-------- Study material --------

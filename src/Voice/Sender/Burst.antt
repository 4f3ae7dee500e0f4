-- ===== src/Voice/Sender/Burst.antt =====
-- crates/voicetastic-core/src/voice/sender.rs: run_send, from one wait to the next.
pub mod Whole
use voicetastic_core.Prelude.{
  ◌==◌, ℕ, ◌+◌, ◌%◌, Bool, true, false, not, ◌&&◌, Option, none, some, List, [], ◌∷◌, ◌++◌, ltb,
  if◌then◌else◌,
}
use voicetastic_core.Prelude.Assoc.{lookup, remove}
use voicetastic_core.Voice.Assembler.State.{is_some}
use voicetastic_core.Voice.Outgoing.{
  OutgoingVoiceRegistry, mark_chunk_sent, forget, prune_expired, meta,
}
use voicetastic_core.Voice.Sender.{
  SendStatus, sending, burst_complete, complete, failed, VoiceSender, emit, Phase, starting,
  bursting, enqueued, lingering, draining, ended, SendTask, is_active, unwrap_or, clean_up,
  inflight_count, retransmit_drain_timeout,
}

-- What wakes the task: the runtime, the answer for the frame that it enqueued, or a timer.
pub data RunEvent : Type 0 where
  scheduled refused elapsed : RunEvent
  accepted : ℕ → RunEvent

abbrev pub at_phase : Phase → SendTask → SendTask
at_phase phase t = record t { phase = phase }

-- `data_count`
abbrev pub data_count : Option (ℕ × Option ℕ × ℕ) → Option ℕ
data_count none = none
data_count (some (channel, dest, total_data)) = some total_data

unfoldable pub start_task : ℕ → VoiceSender → SendTask → SendTask
unfolding is_active meta
start_task id s t =
    if is_active id s
    then record t {
      phase = bursting;
      total_data = unwrap_or (data_count (meta s.registry id)) (t.total_frames % 256);
    }
    else at_phase ended t

-- The head of the `for` loop: a send that was cancelled enqueues nothing more.
unfoldable pub next_frame : ℕ → List (List ℕ) → VoiceSender → SendTask → VoiceSender × SendTask
unfolding is_active
next_frame id [] s t = (emit (burst_complete id t.packet_ids) s, at_phase lingering t)
next_frame id (frame ∷ frames) s t = (s, at_phase (if is_active id s then enqueued else ended) t)

unfoldable pub mark_sent : ℕ → SendTask → VoiceSender → VoiceSender
unfolding mark_chunk_sent
mark_sent id t s =
    if ltb t.position t.total_data
    then record s { registry = mark_chunk_sent s.registry id (t.position % 256) }
    else s

abbrev pub behind : List (List ℕ) → List (List ℕ)
behind [] = []
behind (frame ∷ frames) = frames

unfoldable pub frame_accepted : ℕ → ℕ → VoiceSender → SendTask → VoiceSender × SendTask
unfolding mark_sent
frame_accepted id packet_id s t = (
  emit (sending id (t.position + 1) t.total_frames) (mark_sent id t s),
  record t {
    phase = bursting;
    frames = behind t.frames;
    position = t.position + 1;
    packet_ids = t.packet_ids ++ (packet_id ∷ []);
  },
)

unfoldable pub frame_refused : ℕ → VoiceSender → SendTask → VoiceSender × SendTask
unfolding clean_up
frame_refused id s t = (clean_up id (emit (failed id) s), at_phase ended t)

-- Who removes the active entry claims the terminal status.
unfoldable pub finalize_send : ℕ → ℕ → VoiceSender → VoiceSender
unfolding is_active remove forget prune_expired
finalize_send id now s =
    let claimed = record s { active = remove ◌==◌ id s.active } in
    let told = if is_active id s then emit (complete id) claimed else claimed in
    record told { registry = prune_expired (forget told.registry id) now }

-- The `while` loop: it goes on while a batch is in flight and the deadline lies ahead.
unfoldable pub drain : ℕ → ℕ → ℕ → VoiceSender → SendTask → VoiceSender × SendTask
unfolding inflight_count finalize_send
drain id deadline now s t =
    if ltb 0 (inflight_count id s) && ltb now deadline
    then (s, t)
    else (finalize_send id now s, at_phase ended t)

unfoldable pub run_step : ℕ → ℕ → RunEvent → Phase → VoiceSender → SendTask → VoiceSender × SendTask
unfolding start_task next_frame frame_accepted frame_refused drain
run_step id now scheduled starting s t = (s, start_task id s t)
run_step id now scheduled bursting s t = next_frame id t.frames s t
run_step id now (accepted packet_id) enqueued s t = frame_accepted id packet_id s t
run_step id now refused enqueued s t = frame_refused id s t
run_step id now elapsed lingering s t = (s, at_phase (draining (now + retransmit_drain_timeout)) t)
run_step id now elapsed (draining deadline) s t = drain id deadline now s t
run_step id now event phase s t = (s, t)

-- `run_send`, from one wait to the next.
unfoldable pub run_send : ℕ → ℕ → RunEvent → VoiceSender → SendTask → VoiceSender × SendTask
unfolding run_step
run_send id now event s t = run_step id now event t.phase s t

--------

Begin at the top of the records above and quote each line exactly, ending with the line that contains "accepted : ℕ → RunEvent".

filename src/Voice/Sender/Burst.antt
repository 4f3ae7dee500e0f4
-- ===== src/Voice/Sender/Burst.antt =====
-- crates/voicetastic-core/src/voice/sender.rs: run_send, from one wait to the next.
pub mod Whole
use voicetastic_core.Prelude.{
  ◌==◌, ℕ, ◌+◌, ◌%◌, Bool, true, false, not, ◌&&◌, Option, none, some, List, [], ◌∷◌, ◌++◌, ltb,
  if◌then◌else◌,
}
use voicetastic_core.Prelude.Assoc.{lookup, remove}
use voicetastic_core.Voice.Assembler.State.{is_some}
use voicetastic_core.Voice.Outgoing.{
  OutgoingVoiceRegistry, mark_chunk_sent, forget, prune_expired, meta,
}
use voicetastic_core.Voice.Sender.{
  SendStatus, sending, burst_complete, complete, failed, VoiceSender, emit, Phase, starting,
  bursting, enqueued, lingering, draining, ended, SendTask, is_active, unwrap_or, clean_up,
  inflight_count, retransmit_drain_timeout,
}

-- What wakes the task: the runtime, the answer for the frame that it enqueued, or a timer.
pub data RunEvent : Type 0 where
  scheduled refused elapsed : RunEvent
  accepted : ℕ → RunEvent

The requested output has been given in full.